Por: | 19 de enero de 2012

Garzón in court
Is the trial of Judge Garzón a case of a country devouring one of its most brilliant children, or is it the downfall of a virtuoso who forgot that he needs an orchestra? If he loses, Spain also loses a great legal mind. But Spain is not given to the recognition of truly national figures.

Sporting heroes aside, it is hard to imagine a nationwide embrace of anyone, however much they may excel in their given field. Even when recognized the world over as an authority or a genius, back home the outstanding Spaniard is assumed to bear true loyalty to his or her clique, be it a region, a professional guild or political affiliation. While internationally, Garzón's reputation is that of a pioneering and ground-breaking lawyer in the pursuit of justice with a capital J, here he is typically viewed as a creature of the left in the interminable fight between two camps that poisons so many of Spain's institutions. And, apart from some 200 protestors at the door of the Supreme Court for the opening day of Garzón's first misconduct trial, few seem to be denouncing the fact that this revenge mission will probably lead to a terrible waste.

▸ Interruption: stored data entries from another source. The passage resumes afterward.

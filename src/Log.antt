-- ===== src/Log.antt =====
-- The log (log/logger.h and .cpp).
pub mod Pattern
pub mod Items
pub mod Scanning
pub mod RoundTrip
pub mod Defs
pub mod Loggers
pub mod Managed
pub mod Made
pub mod Runs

The suspended High Court judge is now facing the first of three misconduct cases, in this instance for ordering that jailed suspects in a corruption case have their phone conversations monitored, including those with their legal representatives. The judge says he took the step as part of investigations into the Gürtel-Popular Party network in order to frustrate plans to spirit ill-gotten gains out of the country. The Gürtel ringleaders are still in prison awaiting trial, but Garzón has been suspended from duties for almost two years, initially as a result of the second accusation he must face in the Supreme Court: that he deliberately overstepped his legal authority in opening a case on Franco-era atrocities which have yet to be investigated. For good measure, Garzón is also accused of accepting money from Banco Santander in exchange for organizing a conference at New York University.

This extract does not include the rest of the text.